Antiguan and Barbudan holiday on November 1st

Independence Day is a public holiday of Antigua and Barbuda, celebrated every year on 1 November. It commemorates the independence of Antigua and Barbuda, which took effect immediately after the termination of association with the United Kingdom on 1 November 1981.

Independence was granted to the country after a formal request which passed the Senate of the Associated State of Antigua on 1 May 1981, with the proposed constitution of Antigua and Barbuda being finalized by the state's government on 31 July. Independence negotiations had begun the year prior in July 1980, with some controversy due to the Barbudan nationalist movement.

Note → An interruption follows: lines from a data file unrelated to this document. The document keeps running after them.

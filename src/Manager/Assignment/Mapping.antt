-- ===== src/Manager/Assignment/Mapping.antt =====
-- `calculate_new_mapping`: what the nested loops over partitions and replicas build.
use rust_accelerator_no_sql.Map
use native.Mathlib.Nat.{mod-lt, mod-eq_of_lt}
use rust_accelerator_no_sql.Prelude.{
  Bool-cases, ◌∙◌, ◌^◌, ◌≤◌, ◌+◌, ◌==◌, ◌||◌, contains, ◌%◌, zero, get_elem?, length, suc,
  unwrap_or, ◌<◌, inr, inl, ◌⊎◌, arith, refl, ◌∷◌, [], List, some, false, ◌≡◌, ℕ,
}
use rust_accelerator_no_sql.Common.{Partition, NodeId}
use rust_accelerator_no_sql.Map.{get-empty, Map}
use rust_accelerator_no_sql.Manager.Assignment.{
  place_partitions, calc_replica_index, place_replicas, place,
}
use rust_accelerator_no_sql.Map.Set.{contains_key-add, add}
use rust_accelerator_no_sql.Manager.Assignment.Index.{calc_replica_index-lt}

-- The worker at replica `r` of a partition whose master stands at place `m`.
abbrev pub holder : List NodeId → ℕ → ℕ → NodeId
holder ids m r = unwrap_or (get_elem? ids (calc_replica_index (length ids) m r)) 0

-- The workers at the replicas `r` up to `r + count`.
abbrev pub walk : List NodeId → ℕ → ℕ → ℕ → List NodeId
walk ids m r zero = []
walk ids m r (suc count) = holder ids m r ∷ walk ids m (suc r) count

-- The partition `p` of the mapping has the master and the `count` replicas that the walk says.
abbrev pub IsPlaced : List NodeId → ℕ → Map Partition → ℕ → Type 0
IsPlaced ids count mapping p =
    (part : Partition) × (Map.get mapping p ≡ some part)
    × (part.master ≡ holder ids (p % length ids) 0)
    × ((id : ℕ)
        → Map.contains_key part.replicas id ≡ contains (walk ids (p % length ids) 1 count) id)

get_elem?-lt {ℓ} :
    {A : Type ℓ} (xs : List A) (i : ℕ) → i < length xs → (x : A) × (get_elem? xs i ≡ some x)
get_elem?-lt [] i h = absurd (omega arith)
get_elem?-lt (x ∷ xs) zero h = (x, refl)
get_elem?-lt (x ∷ xs) (suc i) h = get_elem?-lt xs i (omega arith)

pub holder_found :
    (ids : List NodeId) (m r : ℕ)
    → m < length ids
    → get_elem? ids (calc_replica_index (length ids) m r) ≡ some (holder ids m r)
holder_found ids m r h =
    let (x, e) =
      get_elem?-lt ids (calc_replica_index (length ids) m r)
        (calc_replica_index-lt (length ids) m r h) in
    ground (arith, e)

-- What the loop over the replicas has done to the mapping when it ends.
abbrev Extended : Map Partition → ℕ → Partition → List NodeId → Map Partition → Type 0
Extended mapping pid part ids mapping' =
    (part' : Partition) × (Map.get mapping' pid ≡ some part')
    × (part'.master ≡ part.master)
    × ((id : ℕ)
        → Map.contains_key part'.replicas id
          ≡ (contains ids id || Map.contains_key part.replicas id))
    × ((q : ℕ) → (q == pid) ≡ false → Map.get mapping' q ≡ Map.get mapping q)

place_more :
    (ids : List NodeId) (m pid r : ℕ) (part : Partition) (mapping : Map Partition)
    → m < length ids
    → 0 < r
    → Map.get mapping pid ≡ some part
    → place ids m pid r mapping
      ≡ some
          (Map.insert mapping pid (record part { replicas = add part.replicas (holder ids m r) }))
unfolding place
place_more ids m pid r part mapping h p e = ground (arith, holder_found ids m r h)

place_replicas-step :
    (count : ℕ) (ids : List NodeId) (m pid r : ℕ) (mapping mapping₁ mapping' : Map Partition)
    → place ids m pid r mapping ≡ some mapping₁
    → place_replicas count ids m pid (suc r) mapping₁ ≡ some mapping'
    → place_replicas (suc count) ids m pid r mapping ≡ some mapping'
unfolding place_replicas
place_replicas-step count ids m pid r mapping mapping₁ mapping' e f = ground (arith, e, f)

place_replicas_lem :
    (count : ℕ) (ids : List NodeId) (m pid r : ℕ) (part : Partition) (mapping : Map Partition)
    → m < length ids
    → 0 < r
    → Map.get mapping pid ≡ some part
    → (mapping' : Map Partition) × (place_replicas count ids m pid r mapping ≡ some mapping')
      × Extended mapping pid part (walk ids m r count) mapping'
unfolding place_replicas
place_replicas_lem zero ids m pid r part mapping h p e =
    (mapping, refl, (part, e, refl, λ id. ground arith, λ q _. refl))
place_replicas_lem (suc count) ids m pid r part mapping h p e =
    let x = holder ids m r in
    let part₁ : Partition = record part { replicas = add part.replicas x } in
    let mapping₁ = Map.insert mapping pid part₁ in
    let found : Map.get mapping₁ pid ≡ some part₁ =
      ground (arith, Map.get-insert mapping pid pid part₁) in
    let (mapping', done, extended) =
      place_replicas_lem count ids m pid (suc r) part₁ mapping₁ h (omega arith) found in
    let (part', found', masters, holds, others) = extended in
    (
      mapping',
      place_replicas-step count ids m pid r mapping mapping₁ mapping'
          (place_more ids m pid r part mapping h p e) done,
      (
        part',
        found',
        masters,
        λ id. ground (arith, holds id, contains_key-add part.replicas x id),
        λ q ne. ground (arith, others q ne, Map.get-insert mapping pid q part₁),
      ),
    )

place_first :
    (ids : List NodeId) (m pid : ℕ) (mapping : Map Partition)
    → m < length ids
    → place ids m pid 0 mapping
      ≡ some (Map.insert mapping pid (record { master = holder ids m 0; replicas = Map.empty }))
unfolding place
place_first ids m pid mapping h = ground (arith, holder_found ids m 0 h)

-- One partition: its entry is as specified, and the others are as they were.
place_partition_lem :
    (factor : ℕ) (ids : List NodeId) (p : ℕ) (mapping : Map Partition)
    → 0 < length ids
    → (mapping' : Map Partition) × (place_replicas (suc factor) ids (p % length ids) p 0 mapping
        ≡ some mapping')
      × IsPlaced ids factor mapping' p
      × ((q : ℕ) → (q == p) ≡ false → Map.get mapping' q ≡ Map.get mapping q)
unfolding Map.contains_key
place_partition_lem factor ids p mapping h =
    let m : ℕ = p % length ids in
    let below : p % length ids < length ids = mod-lt p h in
    let part₁ : Partition = record { master = holder ids m 0; replicas = Map.empty } in
    let mapping₁ = Map.insert mapping p part₁ in
    let found : Map.get mapping₁ p ≡ some part₁ =
      ground (arith, Map.get-insert mapping p p part₁) in
    let (mapping', done, extended) =
      place_replicas_lem factor ids m p 1 part₁ mapping₁ below (omega arith) found in
    let (part', found', masters, holds, others) = extended in
    (
      mapping',
      place_replicas-step factor ids m p 0 mapping mapping₁ mapping'
          (place_first ids m p mapping below) done,
      (part', found', masters, λ id. ground (arith, holds id, get-empty {0} {V = Unit {0}} id)),
      λ q ne. ground (arith, others q ne, Map.get-insert mapping p q part₁),
    )

place_partitions-step :
    (count : ℕ) (ids : List NodeId) (factor p : ℕ) (mapping mapping₁ mapping' : Map Partition)
    → p < 2 ^ 16
    → place_replicas (suc factor) ids (p % length ids) p 0 mapping ≡ some mapping₁
    → place_partitions count ids (suc factor) (suc p) mapping₁ ≡ some mapping'
    → place_partitions (suc count) ids (suc factor) p mapping ≡ some mapping'
unfolding place_partitions
place_partitions-step count ids factor p mapping mapping₁ mapping' b e f =
    let small : p % 2 ^ 16 ≡ p = mod-eq_of_lt b in ground (arith, small, e, f)

eq_or_above : (p q : ℕ) → p ≤ q → (q ≡ p) ⊎ (suc p ≤ q)
eq_or_above p q h = elim (Bool-cases (q == p)) [
  | inl same ↦ inl (ground arith)
  | inr other ↦ inr (ground arith)
]

outside : (p count q : ℕ) → (q < p) ⊎ (p + suc count ≤ q) → (q < suc p) ⊎ (suc p + count ≤ q)
outside p count q (inl below) = inl (omega arith)
outside p count q (inr above) = inr (omega arith)

IsPlaced-transfer :
    (ids : List NodeId) (factor : ℕ) (mapping mapping' : Map Partition) (q : ℕ)
    → Map.get mapping' q ≡ Map.get mapping q
    → IsPlaced ids factor mapping q
    → IsPlaced ids factor mapping' q
IsPlaced-transfer ids factor mapping mapping' q e (part, found, master, holds) =
    (part, e ∙ found, master, holds)

-- The loop over the partitions.
pub place_partitions_lem :
    (count : ℕ) (ids : List NodeId) (factor p : ℕ) (mapping : Map Partition)
    → 0 < length ids
    → p + count ≤ 2 ^ 16
    → (mapping' : Map Partition) × (place_partitions count ids (suc factor) p mapping
        ≡ some mapping')
      × ((q : ℕ) → p ≤ q → q < p + count → IsPlaced ids factor mapping' q)
      × ((q : ℕ) → (q < p) ⊎ (p + count ≤ q) → Map.get mapping' q ≡ Map.get mapping q)
unfolding place_partitions
place_partitions_lem zero ids factor p mapping h b =
    (mapping, refl, λ q lo hi. absurd (omega arith), λ q out. refl)
place_partitions_lem (suc count) ids factor p mapping h b =
    let (mapping₁, done₁, placed, kept) = place_partition_lem factor ids p mapping h in
    let (mapping', done, later, others) =
      place_partitions_lem count ids factor (suc p) mapping₁ h (omega arith) in
    (
      mapping',
      place_partitions-step count ids factor p mapping mapping₁ mapping' (omega arith) done₁ done,
      λ q lo hi. elim (eq_or_above p q lo) [
        | inl same ↦
            rw same (
              IsPlaced-transfer ids factor mapping₁ mapping' p (others p (inl (omega arith)))
                placed)
        | inr above ↦ later q above (omega arith)
      ],
      λ q out. others q (outside p count q out) ∙ kept q (ground arith),
    )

Antiguans and Barbudans celebrate independence through parades, family gatherings, parties, picnics, and church services. There is also a military parade held in the evening, usually at the Sir Vivian Richards Stadium in North Sound, along with a smaller one at Madison Square in Codrington.

== Background ==

Prior to the full independence of Antigua and Barbuda, 27 February was celebrated as "independence in association", that being the date of the establishment of the Associated State of Antigua in 1967. In July 1980, a draft constitution for an independent state was debated in Antigua's parliament following the 1980 general election– deemed an unofficial independence referendum.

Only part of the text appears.